*Your objective*.
Every entry below must be reproduced exactly.

· · · · · · ·

-- ===== src/Cmux/Transmit/Wire.antt =====
-- What `modem_cmux_transmit_frame` leaves in the transmit buffer.
use modem_modules.Base.{
  ℕ, ◌+◌, ◌-◌, ◌≤◌, ◌<◌, ◌≡◌, sym, ap, ◌∙◌, some, List, [], ◌∷◌, ◌++◌, append-nil, append_assoc,
  arith, RingBuf, Crc8, length, take, min, length-take, length-append, take_all,
}
use modem_modules.Cmux.{Cmux, Frame, read, target, call, schedule, transmit_work}
use mathlib.Core.Path.{subst}
use modem_modules.Cmux.Transmit.{
  length_field, address_octet, control_octet, length_octets, fcs_octet, put_octets, fitting,
  transmit_frame,
}

module _ ⦃crc : Crc8⦄ where
  -- A frame as it goes over the wire: flag, address, control, length, data, checksum, flag.
  abbrev pub wire : Frame → List ℕ → List ℕ
  wire f xs =
      (0xF9 ∷ address_octet f ∷ control_octet f ∷ [])
      ++ (length_field (length xs) ++ (xs ++ (fcs_octet f (length xs) xs ∷ 0xF9 ∷ [])))

module _ {Rb : Type 0} ⦃ring : RingBuf Rb⦄ where
  -- `xs` is put whole behind what the buffer holds.
  pub record Holds (rb rb' : Rb) (xs : List ℕ) : Type 0 where
    pub held : ring.contents rb' ≡ ring.contents rb ++ xs
    pub left : ring.space rb' + length xs ≡ ring.space rb

  put-Holds : (rb : Rb) (xs : List ℕ) → length xs ≤ ring.space rb → Holds rb (ring.put rb xs) xs
  put-Holds rb xs h = record {
    held = ring.contents-put rb xs ∙ ap (λ t. ring.contents rb ++ t) (take_all _ xs h);
    left = omega (arith, ring.space-put rb xs);
  }

  Holds-trans : {a b c : Rb} (xs ys : List ℕ) → Holds a b xs → Holds b c ys → Holds a c (xs ++ ys)
  Holds-trans {a} xs ys p q = record {
    held = q.held ∙ ap (λ t. t ++ ys) p.held ∙ append_assoc (ring.contents a) xs ys;
    left = omega (arith, p.left, q.left, length-append xs ys);
  }

  Holds-nil : (rb : Rb) → Holds rb rb []
  Holds-nil rb = record { held = sym (append-nil _); left = omega arith }

  put_octets-Holds :
      (rb : Rb) (xs : List ℕ) → length xs ≤ ring.space rb → Holds rb (put_octets rb xs) xs
  unfolding put_octets
  put_octets-Holds rb [] h = Holds-nil rb
  put_octets-Holds rb (x ∷ xs) h =
      let first = put-Holds rb (x ∷ []) (omega arith) in
      Holds-trans (x ∷ []) xs first
        (put_octets-Holds (ring.put rb (x ∷ [])) xs (omega (arith, first.left)))

-- The length field is at most two octets.
length-length_field : (n : ℕ) → length (length_field n) ≤ 2
unfolding length_octets
length-length_field n = ground arith

module _ {Rb : Type 0} ⦃ring : RingBuf Rb⦄ ⦃crc : Crc8⦄ where
  -- The data of a frame that is sent when the buffer has this much room.
  abbrev pub sent_data : Cmux Rb → Frame → List ℕ
  sent_data c f =
      take (min (ring.space c.transmit_rb - 8) f.data_len) (target c.receiver f.contents)

  fitting-min :
      (rb : Rb) (n : ℕ)
      → 8 ≤ ring.space rb
      → ring.space rb < 65544
      → fitting rb n ≡ min (ring.space rb - 8) n
  unfolding fitting
  fitting-min rb n lo hi = ground arith

  abbrev pub frame_buffer : Rb → Frame → ℕ → List ℕ → Rb
  frame_buffer rb f n xs =
      put_octets
        (ring.put
          (put_octets (put_octets rb (0xF9 ∷ address_octet f ∷ control_octet f ∷ []))
            (length_field n))
          xs)
        (fcs_octet f n xs ∷ 0xF9 ∷ [])

  frame_buffer-Holds :
      (rb : Rb) (f : Frame) (xs : List ℕ)
      → length xs + 8 ≤ ring.space rb
      → Holds rb (frame_buffer rb f (length xs) xs) (wire f xs)
  frame_buffer-Holds rb f xs h =
      let head = 0xF9 ∷ address_octet f ∷ control_octet f ∷ [] in
      let field = length_field (length xs) in
      let tail = fcs_octet f (length xs) xs ∷ 0xF9 ∷ [] in
      let fits = length-length_field (length xs) in
      let p = put_octets-Holds rb head (omega arith) in
      let rb1 = put_octets rb head in
      let q = put_octets-Holds rb1 field (omega (arith, p.left, fits)) in
      let rb2 = put_octets rb1 field in
      let r = put-Holds rb2 xs (omega (arith, p.left, q.left, fits)) in
      let rb3 = ring.put rb2 xs in
      let s = put_octets-Holds rb3 tail (omega (arith, p.left, q.left, r.left, fits)) in
      Holds-trans head (field ++ (xs ++ tail)) p
        (Holds-trans field (xs ++ tail) q (Holds-trans xs tail r s))

  read-some :
      (c : Cmux Rb) (f : Frame) (n : ℕ)
      → n ≤ length (target c.receiver f.contents)
      → read c.receiver f.contents n ≡ some (take n (target c.receiver f.contents))
  unfolding read
  read-some c f n h = ground arith

  -- `modem_cmux_transmit_frame` sends the frame whole, with as much of its data as the room behind
  -- the eight octets that the code sets aside for the rest lets it, and returns that number. Needed:
  -- room for these eight octets, a buffer whose room a uint16_t counts, and data that is there.
  pub transmit_frame-wire :
      (c : Cmux Rb) (f : Frame)
      → 8 ≤ ring.space c.transmit_rb
      → ring.space c.transmit_rb < 65544
      → f.data_len ≤ length (target c.receiver f.contents)
      → (c' : Cmux Rb) × (transmit_frame c f
          ≡ some (c', min (ring.space c.transmit_rb - 8) f.data_len))
        × Holds c.transmit_rb c'.transmit_rb (wire f (sent_data c f))
  unfolding transmit_frame
  transmit_frame-wire c f lo hi there =
      let rb = c.transmit_rb in
      let n = min (ring.space rb - 8) f.data_len in
      let xs = sent_data c f in
      let len : length xs ≡ n = omega (arith, length-take n (target c.receiver f.contents)) in
      let whole = frame_buffer-Holds rb f xs (omega (arith, len)) in
      (
        call (schedule transmit_work 0) (record c { transmit_rb = frame_buffer rb f n xs }),
        rw (fitting-min rb f.data_len lo hi, read-some c f n (omega arith)),
        subst (λ k. Holds rb (frame_buffer rb f k xs) (wire f xs)) len whole,
      )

· · · · · · ·

*Problem solution*.
-- ===== src/Cmux/Transmit/Wire.antt =====
-- What `modem_cmux_transmit_frame` leaves in the transmit buffer.
use modem_modules.Base.{
  ℕ, ◌+◌, ◌-◌, ◌≤◌, ◌<◌, ◌≡◌, sym, ap, ◌∙◌, some, List, [], ◌∷◌, ◌++◌, append-nil, append_assoc,
  arith, RingBuf, Crc8, length, take, min, length-take, length-append, take_all,
}
use modem_modules.Cmux.{Cmux, Frame, read, target, call, schedule, transmit_work}
use mathlib.Core.Path.{subst}
use modem_modules.Cmux.Transmit.{
  length_field, address_octet, control_octet, length_octets, fcs_octet, put_octets, fitting,
  transmit_frame,
}

module _ ⦃crc : Crc8⦄ where
  -- A frame as it goes over the wire: flag, address, control, length, data, checksum, flag.
  abbrev pub wire : Frame → List ℕ → List ℕ
  wire f xs =
      (0xF9 ∷ address_octet f ∷ control_octet f ∷ [])
      ++ (length_field (length xs) ++ (xs ++ (fcs_octet f (length xs) xs ∷ 0xF9 ∷ [])))

module _ {Rb : Type 0} ⦃ring : RingBuf Rb⦄ where
  -- `xs` is put whole behind what the buffer holds.
  pub record Holds (rb rb' : Rb) (xs : List ℕ) : Type 0 where
    pub held : ring.contents rb' ≡ ring.contents rb ++ xs
    pub left : ring.space rb' + length xs ≡ ring.space rb

  put-Holds : (rb : Rb) (xs : List ℕ) → length xs ≤ ring.space rb → Holds rb (ring.put rb xs) xs
  put-Holds rb xs h = record {
    held = ring.contents-put rb xs ∙ ap (λ t. ring.contents rb ++ t) (take_all _ xs h);
    left = omega (arith, ring.space-put rb xs);
  }

  Holds-trans : {a b c : Rb} (xs ys : List ℕ) → Holds a b xs → Holds b c ys → Holds a c (xs ++ ys)
  Holds-trans {a} xs ys p q = record {
    held = q.held ∙ ap (λ t. t ++ ys) p.held ∙ append_assoc (ring.contents a) xs ys;
    left = omega (arith, p.left, q.left, length-append xs ys);
  }

  Holds-nil : (rb : Rb) → Holds rb rb []
  Holds-nil rb = record { held = sym (append-nil _); left = omega arith }

  put_octets-Holds :
      (rb : Rb) (xs : List ℕ) → length xs ≤ ring.space rb → Holds rb (put_octets rb xs) xs
  unfolding put_octets
  put_octets-Holds rb [] h = Holds-nil rb
  put_octets-Holds rb (x ∷ xs) h =
      let first = put-Holds rb (x ∷ []) (omega arith) in
      Holds-trans (x ∷ []) xs first
        (put_octets-Holds (ring.put rb (x ∷ [])) xs (omega (arith, first.left)))

-- The length field is at most two octets.
length-length_field : (n : ℕ) → length (length_field n) ≤ 2
unfolding length_octets
length-length_field n = ground arith

module _ {Rb : Type 0} ⦃ring : RingBuf Rb⦄ ⦃crc : Crc8⦄ where
  -- The data of a frame that is sent when the buffer has this much room.
  abbrev pub sent_data : Cmux Rb → Frame → List ℕ
  sent_data c f =
      take (min (ring.space c.transmit_rb - 8) f.data_len) (target c.receiver f.contents)

  fitting-min :
      (rb : Rb) (n : ℕ)
      → 8 ≤ ring.space rb
      → ring.space rb < 65544
      → fitting rb n ≡ min (ring.space rb - 8) n
  unfolding fitting
  fitting-min rb n lo hi = ground arith

  abbrev pub frame_buffer : Rb → Frame → ℕ → List ℕ → Rb
  frame_buffer rb f n xs =
      put_octets
        (ring.put
          (put_octets (put_octets rb (0xF9 ∷ address_octet f ∷ control_octet f ∷ []))
            (length_field n))
          xs)
        (fcs_octet f n xs ∷ 0xF9 ∷ [])

  frame_buffer-Holds :
      (rb : Rb) (f : Frame) (xs : List ℕ)
      → length xs + 8 ≤ ring.space rb
      → Holds rb (frame_buffer rb f (length xs) xs) (wire f xs)
  frame_buffer-Holds rb f xs h =
      let head = 0xF9 ∷ address_octet f ∷ control_octet f ∷ [] in
      let field = length_field (length xs) in
      let tail = fcs_octet f (length xs) xs ∷ 0xF9 ∷ [] in
      let fits = length-length_field (length xs) in
      let p = put_octets-Holds rb head (omega arith) in
      let rb1 = put_octets rb head in
      let q = put_octets-Holds rb1 field (omega (arith, p.left, fits)) in
      let rb2 = put_octets rb1 field in
      let r = put-Holds rb2 xs (omega (arith, p.left, q.left, fits)) in
      let rb3 = ring.put rb2 xs in
      let s = put_octets-Holds rb3 tail (omega (arith, p.left, q.left, r.left, fits)) in
      Holds-trans head (field ++ (xs ++ tail)) p
        (Holds-trans field (xs ++ tail) q (Holds-trans xs tail r s))

  read-some :
      (c : Cmux Rb) (f : Frame) (n : ℕ)
      → n ≤ length (target c.receiver f.contents)
      → read c.receiver f.contents n ≡ some (take n (target c.receiver f.contents))
  unfolding read
  read-some c f n h = ground arith

  -- `modem_cmux_transmit_frame` sends the frame whole, with as much of its data as the room behind
  -- the eight octets that the code sets aside for the rest lets it, and returns that number. Needed:
  -- room for these eight octets, a buffer whose room a uint16_t counts, and data that is there.
  pub transmit_frame-wire :
      (c : Cmux Rb) (f : Frame)
      → 8 ≤ ring.space c.transmit_rb
      → ring.space c.transmit_rb < 65544
      → f.data_len ≤ length (target c.receiver f.contents)
      → (c' : Cmux Rb) × (transmit_frame c f
          ≡ some (c', min (ring.space c.transmit_rb - 8) f.data_len))
        × Holds c.transmit_rb c'.transmit_rb (wire f (sent_data c f))
  unfolding transmit_frame
  transmit_frame-wire c f lo hi there =
      let rb = c.transmit_rb in
      let n = min (ring.space rb - 8) f.data_len in
      let xs = sent_data c f in
      let len : length xs ≡ n = omega (arith, length-take n (target c.receiver f.contents)) in
      let whole = frame_buffer-Holds rb f xs (omega (arith, len)) in
      (
        call (schedule transmit_work 0) (record c { transmit_rb = frame_buffer rb f n xs }),
        rw (fitting-min rb f.data_len lo hi, read-some c f n (omega arith)),
        subst (λ k. Holds rb (frame_buffer rb f k xs) (wire f xs)) len whole,
      )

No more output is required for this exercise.